Last year, a plump 79 Bcf was injected, and the five-year pace stands at 64 Bcf. This week traders were caught off guard by a low build. IAF Advisors calculated a 41 Bcf increase, and industry consultant Bentek Energy, utilizing its flow model, was figuring on a 45 Bcf injection. A Reuters survey of 19 industry cognoscenti showed an average of 43 Bcf with a range of 35 to 51 Bcf.

"Last week's big build came largely by way of a bigger-than-expected build in the Midwest region -- this was easily 5 Bcf higher than anybody had expected," Sodergreen said. "This week we see a slightly different scenario. The experts say that last week's weather was about 7% warmer than the five-year average and 5% warmer than last year, same week.

Forecasters see an eventual return to normal injection patterns. "[A]fter natgas demand again increases to stronger than normal levels this week, a more seasonable pattern is expected to become established for the second half of September where much of the natgas demand will be driven by the warmer southern U.S.," said Natgasweather.com in an update. "There have yet to be any signs of significant early season cool fronts coming to the northern U.S., which overall will keep weather sentiment bearish as larger builds in supplies arrive, a few of which will finally be near normal."

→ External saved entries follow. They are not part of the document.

-- ===== src/Storage/Ordered.antt =====
-- A set of items as an ascending list: membership, and insertion in order.
use negentropy.Prelude.{
  ◌≡◌, refl, ap, ◌∙◌, Bool, true, false, ◌||◌, List, [], ◌∷◌, ◌++◌, All, arith, if◌then◌else◌,
  Bool-cases, inl, inr,
}
use negentropy.Types.{Item, item_lt, item_eq, IsItem}
use negentropy.Types.Order.{item_lt_trans, item_lt-total, item_lt-asym, item_lt_irrefl, item_eq_iff}
use negentropy.Accumulator.{add, zero_accum, accum_from}
use negentropy.Accumulator.Value.{IsBuffer, zero-IsBuffer, add-IsBuffer, add_comm, add-zero_accum}
use negentropy.Accumulator.Sums.{id-IsBuffer, accum_from-IsBuffer, accum_from-add, accum_from-perm}
use negentropy.Storage.{IsAscending}
use negentropy.Storage.Vector.{insert_sorted}
use negentropy.Storage.Vector.Seal.{insert_sorted-perm}
use negentropy.Storage.Vector.Contract.{insert_sorted-IsItem}

unfoldable pub has : Item → List Item → Bool
has v [] = false
has v (x ∷ xs) = if item_eq v x then true else has v xs

abbrev pub Under : Item → Item → Type 0
Under v x = item_lt x v ≡ true

abbrev pub Over : Item → Item → Type 0
Over v x = item_lt v x ≡ true

-- the first item, if there is one, is above `v`
abbrev pub HeadOver : Item → List Item → Type 0
HeadOver v [] = Unit
HeadOver v (x ∷ xs) = item_lt v x ≡ true

pub Over-All :
    (v x : Item) (zs : List Item) → item_lt v x ≡ true → All (Over x) zs → All (Over v) zs
Over-All v x [] h a = tt
Over-All v x (z ∷ zs) h a = (item_lt_trans v x z h a.0, Over-All v x zs h a.1)

pub ascending_after : (x : Item) (xs : List Item) → IsAscending (x ∷ xs) → All (Over x) xs
ascending_after x [] h = tt
ascending_after x (y ∷ ys) h = (h.0, Over-All x y ys h.0 (ascending_after y ys h.1))

pub HeadOver-All : (v : Item) (xs : List Item) → IsAscending xs → HeadOver v xs → All (Over v) xs
HeadOver-All v [] h o = tt
HeadOver-All v (x ∷ xs) h o = (o, Over-All v x xs o (ascending_after x xs h))

-- what an ascending list says of its parts
pub record Parts (xs ys : List Item) : Type 0 where
  pub front : IsAscending xs
  pub back : IsAscending ys
  pub across : All (λ x. HeadOver x ys) xs

pub IsAscending-split : (xs ys : List Item) → IsAscending (xs ++ ys) → Parts xs ys
IsAscending-split [] ys h = record { front = tt; back = h; across = tt }
IsAscending-split (x ∷ []) [] h = record { front = h; back = tt; across = (tt, tt) }
IsAscending-split (x ∷ []) (y ∷ ys) h = record { front = (tt, tt); back = h.1; across = (h.0, tt) }
IsAscending-split (x ∷ x' ∷ xs) [] h =
    let p = IsAscending-split (x' ∷ xs) [] h.1 in
    record { front = (h.0, p.front); back = tt; across = (tt, p.across) }
IsAscending-split (x ∷ x' ∷ xs) (y ∷ ys) h =
    let p = IsAscending-split (x' ∷ xs) (y ∷ ys) h.1 in
    record {
      front = (h.0, p.front);
      back = p.back;
      across = (item_lt_trans x x' y h.0 p.across.0, p.across);
    }

pub has-append : (v : Item) (xs ys : List Item) → has v (xs ++ ys) ≡ (has v xs || has v ys)
unfolding has
has-append v [] ys = refl
has-append v (x ∷ xs) ys = ground (arith, has-append v xs ys)

pub has-Over : (v : Item) (xs : List Item) → All (Over v) xs → has v xs ≡ false
unfolding has
has-Over v [] a = refl
has-Over v (x ∷ xs) a = ground (arith, has-Over v xs a.1, item_eq_iff v x, item_lt_irrefl v)

pub has-Under : (v : Item) (xs : List Item) → All (Under v) xs → has v xs ≡ false
unfolding has
has-Under v [] a = refl
has-Under v (x ∷ xs) a = ground (arith, has-Under v xs a.1, item_eq_iff v x, item_lt_irrefl v)

pub insert_sorted-front :
    (v : Item) (xs ys : List Item)
    → All (Under v) xs
    → insert_sorted v (xs ++ ys) ≡ xs ++ insert_sorted v ys
unfolding insert_sorted
insert_sorted-front v [] ys a = refl
insert_sorted-front v (x ∷ xs) ys a = rw a.0 (ap (◌∷◌ x) (insert_sorted-front v xs ys a.1))

pub insert_sorted-back :
    (v : Item) (ys zs : List Item)
    → HeadOver v zs
    → insert_sorted v (ys ++ zs) ≡ insert_sorted v ys ++ zs
unfolding insert_sorted
insert_sorted-back v [] [] h = refl
insert_sorted-back v [] (z ∷ zs) h = rw (item_lt-asym v z h)
insert_sorted-back v (y ∷ ys) zs h = ground (arith, insert_sorted-back v ys zs h)

pub insert_sorted-IsAscending :
    (v : Item) (xs : List Item)
    → IsAscending xs
    → has v xs ≡ false
    → IsAscending (insert_sorted v xs)
unfolding insert_sorted has
insert_sorted-IsAscending v [] h n = (tt, tt)
insert_sorted-IsAscending v (x ∷ []) h n = ground (arith, item_eq_iff v x, item_lt-total v x)
insert_sorted-IsAscending v (x ∷ y ∷ ys) h n =
    let ih = λ (n' : has v (y ∷ ys) ≡ false). insert_sorted-IsAscending v (y ∷ ys) h.1 n' in
    ground (
      arith,
      ih (ground arith),
      item_eq_iff v x,
      item_eq_iff v y,
      item_lt-total v x,
      item_lt-total v y,
    )

pub accum_from-insert_sorted :
    (v : Item) (xs : List Item)
    → IsItem v
    → All IsItem xs
    → accum_from zero_accum (insert_sorted v xs) ≡ add (accum_from zero_accum xs) v.id
unfolding accum_from
accum_from-insert_sorted v xs hv a =
    let id = id-IsBuffer v hv in
    let sum : IsBuffer (accum_from zero_accum xs) =
      accum_from-IsBuffer zero_accum xs zero-IsBuffer in
    accum_from-perm (insert_sorted-perm v xs) (insert_sorted-IsItem v xs hv a)
    ∙ accum_from-add (add zero_accum v.id) xs (add-IsBuffer zero_accum v.id) a
    ∙ add_comm (add zero_accum v.id) (accum_from zero_accum xs) (add-IsBuffer zero_accum v.id) sum
    ∙ ap (add (accum_from zero_accum xs))
        (add_comm zero_accum v.id zero-IsBuffer id ∙ add-zero_accum v.id id)

pub All-insert_sorted :
    (P : Item → Type 0) (v : Item) (xs : List Item) → P v → All P xs → All P (insert_sorted v xs)
unfolding insert_sorted
All-insert_sorted P v [] p a = (p, tt)
All-insert_sorted P v (x ∷ xs) p a = elim (Bool-cases (item_lt x v)) [
  | inl under ↦ rw under (a.0, All-insert_sorted P v xs p a.1)
  | inr first ↦ rw first (p, a)
]

-- every item in front is below every item behind
pub ascending_across : (xs ys : List Item) → IsAscending (xs ++ ys) → All (λ x. All (Over x) ys) xs
ascending_across [] ys h = tt
ascending_across (x ∷ xs) ys h =
    (over_back xs (ascending_after x (xs ++ ys) h), ascending_across xs ys h.1)
  where
    over_back : (zs : List Item) → All (Over x) (zs ++ ys) → All (Over x) ys
    over_back [] a = a
    over_back (z ∷ zs) a = over_back zs a.1

-- the first item stays where the new one is not below it
pub insert_sorted-stays :
    (v y : Item) (ys : List Item)
    → item_lt v y ≡ false
    → has v (y ∷ ys) ≡ false
    → insert_sorted v (y ∷ ys) ≡ y ∷ insert_sorted v ys
unfolding insert_sorted has
insert_sorted-stays v y ys h n =
    let under : item_lt y v ≡ true = ground (arith, item_eq_iff v y, item_lt-total v y) in
    rw under refl
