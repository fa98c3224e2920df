-- ===== src/Storage/BTree/Insert/Outcome.antt =====
-- What an insertion leaves of a subtree.
use negentropy.Prelude.{
  ℕ, ◌+◌, ◌≤◌, ◌<◌, ◌≡◌, sym, ◌∙◌, true, false, List, [], ◌∷◌, ◌++◌, All, Bool-cases, inl, inr,
}
use mathlib.Core.Path.{subst}
use negentropy.Prelude.Results.{ok}
use negentropy.Types.{Item, item_lt}
use negentropy.Types.Order.{item_lt-asym, item_lt_irrefl}
use negentropy.Storage.{IsAscending}
use negentropy.Storage.Vector.{insert_sorted}
use negentropy.Storage.Ordered.{Over, ascending_after}
use negentropy.Storage.BTree.{Limits, NodePtr, NodeStore}
use negentropy.Storage.BTree.Shape.{First, All-split}
use negentropy.Storage.BTree.Ids.{Distinct}
use negentropy.Storage.BTree.Laws.{StoreLaws}
use negentropy.Storage.BTree.Changes.{Change}
use negentropy.Storage.BTree.Search.{Breadcrumb}
use negentropy.Storage.BTree.Insert.{Inserting, insert_step}

abbrev pub SomeItem : List Item → Type 0
SomeItem [] = ⊥
SomeItem (x ∷ xs) = Unit

-- an item of an ascending list is below the first one behind some others
below-First :
    (w u : Item) (ys zs : List Item) → IsAscending (w ∷ ys ++ zs) → First u zs → item_lt w u ≡ true
below-First w u ys [] h g = absurd g
below-First w u ys (z ∷ zs) h g =
    subst (λ (i : Item). item_lt w i ≡ true) (sym g)
      (All-split (Over w) ys (z ∷ zs) (ascending_after w (ys ++ z ∷ zs) h)).1.0

insert_under :
    (v x : Item) (xs : List Item)
    → item_lt x v ≡ true
    → insert_sorted v (x ∷ xs) ≡ x ∷ insert_sorted v xs
unfolding insert_sorted
insert_under v x xs h = rw h

insert_before :
    (v x : Item) (xs : List Item) → item_lt x v ≡ false → insert_sorted v (x ∷ xs) ≡ v ∷ x ∷ xs
unfolding insert_sorted
insert_before v x xs h = rw h

-- The first item of a right half is not below the first item before the insertion.
pub right_not_below :
    (v : Item) (xs ys zs : List Item) (u f : Item)
    → IsAscending (insert_sorted v xs)
    → insert_sorted v xs ≡ ys ++ zs
    → SomeItem ys
    → First u zs
    → First f xs
    → item_lt u f ≡ false
unfolding insert_sorted
right_not_below v [] ys zs u f h e n g k = absurd k
right_not_below v (x ∷ xs) [] zs u f h e n g k = absurd n
right_not_below v (x ∷ xs) (y ∷ ys) zs u f h e n g k = elim (Bool-cases (item_lt x v)) [
  | inl under ↦
      let e' : x ∷ insert_sorted v xs ≡ y ∷ (ys ++ zs) = sym (insert_under v x xs under) ∙ e in
      let asc : IsAscending (y ∷ (ys ++ zs)) = subst IsAscending e h in
      let f_y : f ≡ y = cc in
      subst (λ (i : Item). item_lt u i ≡ false) (sym f_y)
        (item_lt-asym y u (below-First y u ys zs asc g))
  | inr first ↦
      let e' : v ∷ x ∷ xs ≡ y ∷ (ys ++ zs) = sym (insert_before v x xs first) ∙ e in
      behind ys (cc) (subst IsAscending e h)
]
  where
    behind :
        (ys' : List Item) → x ∷ xs ≡ ys' ++ zs → IsAscending (y ∷ (ys' ++ zs)) → item_lt u f ≡ false
    behind [] q asc = at_head zs g q
      where
        at_head : (zs' : List Item) → First u zs' → x ∷ xs ≡ zs' → item_lt u f ≡ false
        at_head [] g' q' = absurd g'
        at_head (z ∷ zs') g' q' =
            let same : u ≡ f = cc in
            subst (λ (i : Item). item_lt i f ≡ false) (sym same) (item_lt_irrefl f)
    behind (y' ∷ ys') q asc =
        let f_y : f ≡ y' = cc in
        subst (λ (i : Item). item_lt u i ≡ false) (sym f_y)
          (item_lt-asym y' u (below-First y' u ys' zs asc.1 g))

module _ {M : Type 0} (s : NodeStore M) (l : Limits) (law : StoreLaws l s) (v : Item) (m : M) where
  -- The ids of the new subtree are old ids of it, or new ones.
  pub record Owned (ids ids' : List ℕ) (m' : M) : Type 1 where
    pub carry :
        (P : ℕ → Type 0)
        → All P ids
        → ((k : ℕ) → law.next m ≤ k → k < law.next m' → P k)
        → All P ids'

  pub data Outcome (Tree : (ℕ → NodePtr) → ℕ → List Item → List ℕ → Type 0) (id : ℕ)
      (xs : List Item) (ids : List ℕ) (levels : ℕ) (st : Inserting M) : Type 1 where
    fits :
        (ids' : List ℕ)
        → st.needs_merge ≡ false
        → Change s l law m st.store ids
        → law.next st.store ≤ law.next m + levels
        → Distinct ids'
        → Owned ids ids' st.store
        → Tree (s.read st.store) id (insert_sorted v xs) ids'
        → Outcome Tree id xs ids levels st
    splits :
        (ys zs : List Item) (is js : List ℕ)
        → st.needs_merge ≡ true
        → Change s l law m st.store ids
        → law.next st.store ≤ law.next m + levels
        → 0 < st.new_key.node_id
        → insert_sorted v xs ≡ ys ++ zs
        → First st.new_key.item zs
        → ((f : Item) → First f xs → item_lt st.new_key.item f ≡ false)
        → Distinct (is ++ js)
        → Owned ids (is ++ js) st.store
        → Tree (s.read st.store) id ys is
        → Tree (s.read st.store) st.new_key.node_id zs js
        → Outcome Tree id xs ids levels st

  -- a step with what it leaves of its node
  abbrev pub Stepped :
      ((ℕ → NodePtr) → ℕ → List Item → List ℕ → Type 0)
      → Breadcrumb
      → List Item
      → List ℕ
      → ℕ
      → Inserting M
      → Type 1
  Stepped Tree crumb xs ids levels from =
      (st : Inserting M) × (insert_step s l v crumb from ≡ ok st)
      × Outcome Tree crumb.node_id xs ids levels st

In physical market trading eastern points showed the greatest movement and that was lower as peak power loads were forecast to decline. The PJM Interconnection forecast Thursday's peak load of 53,929 MW would ease slightly Friday to 53,489 MW and reach 48,717 MW Saturday. The New York ISO predicted New York City's peak load Thursday of 9,536 MW would rise to 9,906 MW Friday before sliding to 48,717 MW Saturday.

Next-day gas deliveries on Tetco M-3 fell 2 cents to $1.46, and gas bound for New York City on Transco Zone 6 shed 13 cents to $2.70.

Gas at the Algonquin Citygate was quoted 18 cents lower at $3.48, and deliveries to Iroquois Zone 2 skidded 22 cents to $3.30. Gas on Tenn Zone 6 200L fell 11 cents to $3.45.

Major market hubs experienced prices moving within just a few cents of unchanged. Gas at the Henry Hub changed hands 2 cents higher at $2.84, and packages at the Chicago Citygate were unchanged at $2.81. Gas on El Paso Permian added 6 cents to $2.62 and parcels at the PG&E Citygate rose 3 cents to $3.27.